Hier sehen wir den außenliegenden Aufzug, der zum Bungalow führt:
Ein gutes Nachbarschaftsverhältnis steht und fällt auch damit, wie zügig und reibungslos die Baumaßnahme insgesamt abläuft. Auch hier fanden die Bauherren eine gute Lösung mit den Bewohnern: Um eine übermäßige Belastung durch Lärm und Dreck zu vermeiden, erfolgte die Aufstockung in Holz-Fertigbauweise. So konnte die Bauzeit kurz gehalten werden. Innerhalb einer Woche stand die Hülle aus ökologisch gedämmten Holztafelelementen.

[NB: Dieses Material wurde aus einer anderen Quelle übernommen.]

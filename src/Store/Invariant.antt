-- ===== src/Store/Invariant.antt =====
-- The well-formed `runs` table, kept by every operation of internal/state/store.go that writes it.
pub mod Preservation
pub mod Queue
pub mod Trimming
use rascal.Prelude.{
  ℕ, zero, suc, ◌<◌, ◌≤◌, ◌≡◌, refl, ap, sym, subst, ◌∙◌, ◌⊎◌, inl, inr, Bool, true, false, not,
  ◌&&◌, Option, none, some, List, [], ◌∷◌, arith, Bool-cases, Option-cases, if◌then◌else◌,
}
use rascal.Prelude.Table.{take, exists_where, update_where}
use rascal.Text.{Text, trim_space}
use rascal.Status.{
  RunStatus, queued, running, canceled, no_reason, RunStatusReason, is_final_run_status,
  normalize_run_status_reason, parse_run_status, run_status_text,
}
use rascal.Status.Parsing.{IsNamed, IsNamedReason, parse-ReadAs, reason-IsNamed}
use rascal.Status.Lifecycle.{All}
use rascal.Store.Schema.{Run, RunRow, Db, Error}
use rascal.Store.Tx.{Result, ok, err, Faults}
use rascal.Store.Tx.Laws.{Result-cases, in_transaction-err, in_transaction-ok}
use rascal.Store.Sql.{has_id, write_run, is_queued}
use rascal.Store.Runs.{stamp, update_run_by, CreateRunInput, add_run, add_run_body, new_run}
use rascal.Store.Runs.Updates.{Updated, update_run_by-Updated, update_error_unchanged}
use rascal.Store.Claims.{claimable, set_running, claim_row}
use rascal.Store.Claims.Exclusive.{UniqueIds, UniqueIds-update}

-- A stored status and reason are named constants, and only a final status has a reason.
abbrev pub IsSound : RunRow → Type 0
IsSound row =
    IsNamed row.run.status
    × IsNamedReason row.run.status_reason
    × (is_final_run_status row.run.status ≡ false → row.run.status_reason ≡ no_reason)

-- The numbers fall along the table and stay below the next one.
abbrev pub Below : ℕ → List RunRow → Type 0
Below n [] = Unit {0}
Below n (r ∷ rows) = (r.seq < n) × Below r.seq rows

pub record IsWellFormed (n : ℕ) (rows : List RunRow) : Type 0 where
  pub sound : All IsSound rows
  pub unique : UniqueIds rows
  pub ordered : Below n rows

All-update :
    (p : RunRow → Bool) (f : RunRow → RunRow) (rows : List RunRow)
    → ((r : RunRow) → p r ≡ true → IsSound r → IsSound (f r))
    → All IsSound rows
    → All IsSound (update_where p f rows)
unfolding update_where
All-update p f [] h s = tt
All-update p f (r ∷ rows) h s = elim (Bool-cases (p r)) [
  | inl e ↦ rw e (h r e s.0, All-update p f rows h s.1)
  | inr e ↦ rw e (s.0, All-update p f rows h s.1)
]

Below-update :
    (p : RunRow → Bool) (f : RunRow → RunRow) (n : ℕ) (rows : List RunRow)
    → ((r : RunRow) → (f r).seq ≡ r.seq)
    → Below n rows
    → Below n (update_where p f rows)
unfolding update_where
Below-update p f n [] h b = tt
Below-update p f n (r ∷ rows) h b = elim (Bool-cases (p r)) [
  | inl e ↦ rw (e, h r) (b.0, Below-update p f r.seq rows h b.1)
  | inr e ↦ rw e (b.0, Below-update p f r.seq rows h b.1)
]

-- An UPDATE of `runs` keeps the table well formed when it keeps each row sound, its identifier and
-- its number.
pub update-IsWellFormed :
    (p : RunRow → Bool) (f : RunRow → RunRow) (n : ℕ) (rows : List RunRow)
    → ((r : RunRow) → (f r).run.id ≡ r.run.id)
    → ((r : RunRow) → (f r).seq ≡ r.seq)
    → ((r : RunRow) → p r ≡ true → IsSound r → IsSound (f r))
    → IsWellFormed n rows
    → IsWellFormed n (update_where p f rows)
update-IsWellFormed p f n rows i s k w = record {
  sound = All-update p f rows k w.sound;
  unique = UniqueIds-update p f rows i w.unique;
  ordered = Below-update p f n rows s w.ordered;
}

pub claim_row-IsWellFormed :
    (id : Text) (now n : ℕ) (rows : List RunRow)
    → IsWellFormed n rows
    → IsWellFormed n (claim_row id now rows)
unfolding claim_row
claim_row-IsWellFormed id now n rows =
    update-IsWellFormed (claimable id rows) (set_running now) n rows (λ r. refl) (λ r. refl)
      (λ r _ _. (tt, tt, λ _. refl))

All-take : (m : ℕ) (rows : List RunRow) → All IsSound rows → All IsSound (take m rows)
All-take zero rows s = tt
All-take (suc m) [] s = tt
All-take (suc m) (r ∷ rows) s = (s.0, All-take m rows s.1)

Below-take : (m n : ℕ) (rows : List RunRow) → Below n rows → Below n (take m rows)
Below-take zero n rows b = tt
Below-take (suc m) n [] b = tt
Below-take (suc m) n (r ∷ rows) b = (b.0, Below-take m r.seq rows b.1)

exists-take :
    (p : RunRow → Bool) (m : ℕ) (rows : List RunRow)
    → exists_where p rows ≡ false
    → exists_where p (take m rows) ≡ false
unfolding exists_where
exists-take p zero rows h = refl
exists-take p (suc m) [] h = refl
exists-take p (suc m) (r ∷ rows) h = ground (arith, exists-take p m rows)

UniqueIds-take : (m : ℕ) (rows : List RunRow) → UniqueIds rows → UniqueIds (take m rows)
UniqueIds-take zero rows u = tt
UniqueIds-take (suc m) [] u = tt
UniqueIds-take (suc m) (r ∷ rows) u =
    (exists-take (has_id r.run.id) m rows u.0, UniqueIds-take m rows u.1)

take-IsWellFormed :
    (m n : ℕ) (rows : List RunRow) → IsWellFormed n rows → IsWellFormed n (take m rows)
take-IsWellFormed m n rows w = record {
  sound = All-take m rows w.sound;
  unique = UniqueIds-take m rows w.unique;
  ordered = Below-take m n rows w.ordered;
}
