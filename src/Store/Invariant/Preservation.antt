-- ===== src/Store/Invariant/Preservation.antt =====
-- AddRun and UpdateRun keep the `runs` table well formed.
use rascal.Prelude.{
  ℕ, suc, ◌≡◌, refl, ap, sym, subst, ◌∙◌, inl, inr, false, ◌||◌, [], ◌∷◌, arith, Bool-cases,
  if◌then◌else◌,
}
use rascal.Prelude.Table.{take, exists_where}
use rascal.Text.{Text, is_empty}
use rascal.Status.{
  RunStatus, no_reason, RunStatusReason, is_final_run_status, normalize_run_status_reason,
  run_status_text,
}
use rascal.Status.Parsing.{IsNamed, IsNamedReason, parse-ReadAs, reason-IsNamed}
use rascal.Store.Schema.{Run, RunRow, Db}
use rascal.Store.Tx.{Result, ok, Faults, Tx, in_transaction}
use rascal.Store.Tx.Laws.{Result-cases, in_transaction-err, in_transaction-ok}
use rascal.Store.Sql.{
  has_id, write_run, insert_run_row, upsert_task_row, set_task_last_run_row, trim_old_runs_rows,
}
use rascal.Store.Runs.{
  update_run_by, CreateRunInput, with_defaults, add_checked, add_run, add_run_body, new_run,
}
use rascal.Store.Runs.Updates.{Updated, update_run_by-Updated, update_error_unchanged}
use rascal.Store.Invariant.{IsWellFormed, update-IsWellFormed, take-IsWellFormed}

abbrev pub Good : Db → Type 0
Good db = IsWellFormed db.next_seq db.runs

stamp-reason :
    (status : RunStatus) (reason : RunStatusReason)
    → let kept =
        if is_final_run_status status then normalize_run_status_reason reason else no_reason in
      IsNamedReason kept × (is_final_run_status status ≡ false → kept ≡ no_reason)
stamp-reason status reason = elim (Bool-cases (is_final_run_status status)) [
  | inl e ↦ rw e (reason-IsNamed reason, λ h. absurd (ground arith))
  | inr e ↦ rw e (tt, λ _. refl)
]

Updated-Good :
    (now : ℕ) (id : Text) (fn : Run → Result Run) (db db' : Db) (r : Run)
    → Updated now id fn db db' r
    → Good db
    → Good db'
unfolding write_run
Updated-Good now id fn db db' r (row, changed, e, f, p, same, v, w, n) g =
    rw (w, n)
      (update-IsWellFormed (has_id r.id) (write_run r) db.next_seq db.runs (λ _. refl) (λ _. refl)
        (λ _ _ _. written) g)
  where
    written :
        IsNamed r.status
        × IsNamedReason r.status_reason
        × (is_final_run_status r.status ≡ false → r.status_reason ≡ no_reason)
    written =
        let kept = stamp-reason r.status changed.status_reason in
        let reason = ap (λ (x : Run). x.status_reason) same in
        (
          (parse-ReadAs (run_status_text changed.status) r.status p).0,
          subst IsNamedReason (sym reason) kept.0,
          λ h. reason ∙ kept.1 h,
        )

result-pair : {A : Type 0} (x : Db × Result A) (a : A) → x.1 ≡ ok a → x ≡ (x.0, ok a)
result-pair x a h = λ i. (x.0, h i)

-- UpdateRun keeps the table well formed, for any callback and any failure of the database.
pub update_run_by-Good :
    (faults : Faults) (now : ℕ) (id : Text) (fn : Run → Result Run) (db : Db)
    → Good db
    → Good (update_run_by faults now id fn db).0
update_run_by-Good faults now id fn db g =
    elim (Result-cases (update_run_by faults now id fn db).1) [
      | inl (r, h) ↦
          Updated-Good now id fn db (update_run_by faults now id fn db).0 r
            (update_run_by-Updated faults now id fn db r (update_run_by faults now id fn db).0
              (result-pair (update_run_by faults now id fn db) r h))
            g
      | inr (e, h) ↦ subst Good (sym (update_error_unchanged faults now id fn db e h)) g
    ]

-- What the statements of AddRun make of the `runs` table.
abbrev pub Added : ℕ → ℕ → CreateRunInput → Db → Db → Run → Type 0
Added max_runs now i db db' r =
    (exists_where (has_id i.id) db.runs ≡ false)
    × (r ≡ new_run i now)
    × (db'.runs
        ≡ take max_runs
            (record { seq = db.next_seq; credential_id = []; run = new_run i now } ∷ db.runs))
    × (db'.next_seq ≡ suc db.next_seq)

pub add_run_body-Added :
    (faults : Faults) (max_runs now : ℕ) (i : CreateRunInput) (db db' : Db) (r : Run)
    → add_run_body faults max_runs now i db ≡ ok (r, db')
    → Added max_runs now i db db' r
unfolding add_run_body upsert_task_row insert_run_row set_task_last_run_row trim_old_runs_rows
add_run_body-Added faults max_runs now i db db' r h = ground arith

Added-Good :
    (max_runs now : ℕ) (i : CreateRunInput) (db db' : Db) (r : Run)
    → Added max_runs now i db db' r
    → Good db
    → Good db'
Added-Good max_runs now i db db' r (fresh, _, rows, n) g =
    rw (rows, n) (take-IsWellFormed max_runs (suc db.next_seq) (row ∷ db.runs) extended)
  where
    row : RunRow
    row = record { seq = db.next_seq; credential_id = []; run = new_run i now }

    extended : IsWellFormed (suc db.next_seq) (row ∷ db.runs)
    extended = record {
      sound = ((tt, tt, λ _. refl), g.sound);
      unique = (fresh, g.unique);
      ordered = (omega arith, g.ordered);
    }

transaction-Good :
    (faults : Faults) (max_runs now : ℕ) (i : CreateRunInput) (db : Db)
    → Good db
    → Good (in_transaction faults (add_run_body faults max_runs now i) db).0
transaction-Good faults max_runs now i db g = elim (Result-cases after.1) [
  | inl (r, h) ↦
      Added-Good max_runs now i db after.0 r
        (add_run_body-Added faults max_runs now i db after.0 r
          (in_transaction-ok faults body db after.0 r (result-pair after r h)))
        g
  | inr (e, h) ↦ subst Good (sym (in_transaction-err faults body db e h)) g
]
  where
    body : Tx Run
    body = add_run_body faults max_runs now i

    after : Db × Result Run
    after = in_transaction faults body db

add_checked-Good :
    (faults : Faults) (max_runs now : ℕ) (i : CreateRunInput) (db : Db)
    → Good db
    → Good (add_checked faults max_runs now i db).0
unfolding add_checked
add_checked-Good faults max_runs now i db g =
    elim (Bool-cases (is_empty i.id || is_empty i.task_id || is_empty i.repo)) [
      | inl e ↦ rw e g
      | inr e ↦ rw e (transaction-Good faults max_runs now i db g)
    ]

-- AddRun keeps the table well formed, whichever of its statements fails.
pub add_run-Good :
    (faults : Faults) (max_runs now : ℕ) (i : CreateRunInput) (db : Db)
    → Good db
    → Good (add_run faults max_runs now i db).0
unfolding add_run
add_run-Good faults max_runs now i db g = elim (Result-cases (with_defaults i)) [
  | inl (i', e) ↦ rw (e, add_run) (add_checked-Good faults max_runs now i' db g)
  | inr (_, e) ↦ rw (e, add_run) g
]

Dann ging es schon an den Innenausbau.
Wohnraum schaffen, wo vorher keiner war – dieses Prinzip überzeugte letztlich auch die Bewohner des bis dahin fünfgeschossigen Hauses.
Geeignete Bauweisen: am besten leicht und vorgefertigt
Für Dachaufstockungen eignen sich aufgrund ihres geringen Gewichts Porenbetonsteine und wegen der extrem kurzen Bauzeit auch leichte, vorgefertigte Holzbauteile besonders gut. Die Bewohner der unteren Stockwerke können während der Bauarbeiten im Haus wohnen bleiben, wodurch in Mietobjekten kein Mietausfall droht.
Bei Baulückenschließungen bietet es sich an, vorgefertigte Wandbausätze zu nutzen, die – bereits fertig zugeschnitten – just in time auf die Baustelle geliefert und sofort verbaut werden. Eine mehrgeschossige Wand wird so in nur einem Tag fertig und die Belastung der Anrainer bleibt gering. Aus dem gleichen Grund erfreut sich auch das saubere und schnelle Bauen mit seriell vorgefertigten Modulen aus Holz oder Stahl in der Stadt gerade großer Beliebtheit.
So geht's auch: Aufstockung mit Tinyhouses
In Reutlingen wurden Tinyhouses auf eine Reihe von Garagen aufgesetzt und so insgesamt 160 m² bezahlbarer Wohnraum geschaffen. Hier stellen wir die Garagenaufstockung vor »
Bungalow aufstocken: So sieht das fertige Ergebnis aus
Heute genießt Familie Wagner diesen Traumblick über die Dächer der Stadt. In ihrem Bungalow, der als Aufstockung des Mehrfamilienhauses realisiert wurde, setzten sie bewusst auf große, deckenhohe Fenster, um den Ausblick jederzeit genießen zu können. Die großzügigen, lichtdurchfluteten Räume bieten einen hohen Wohnkomfort.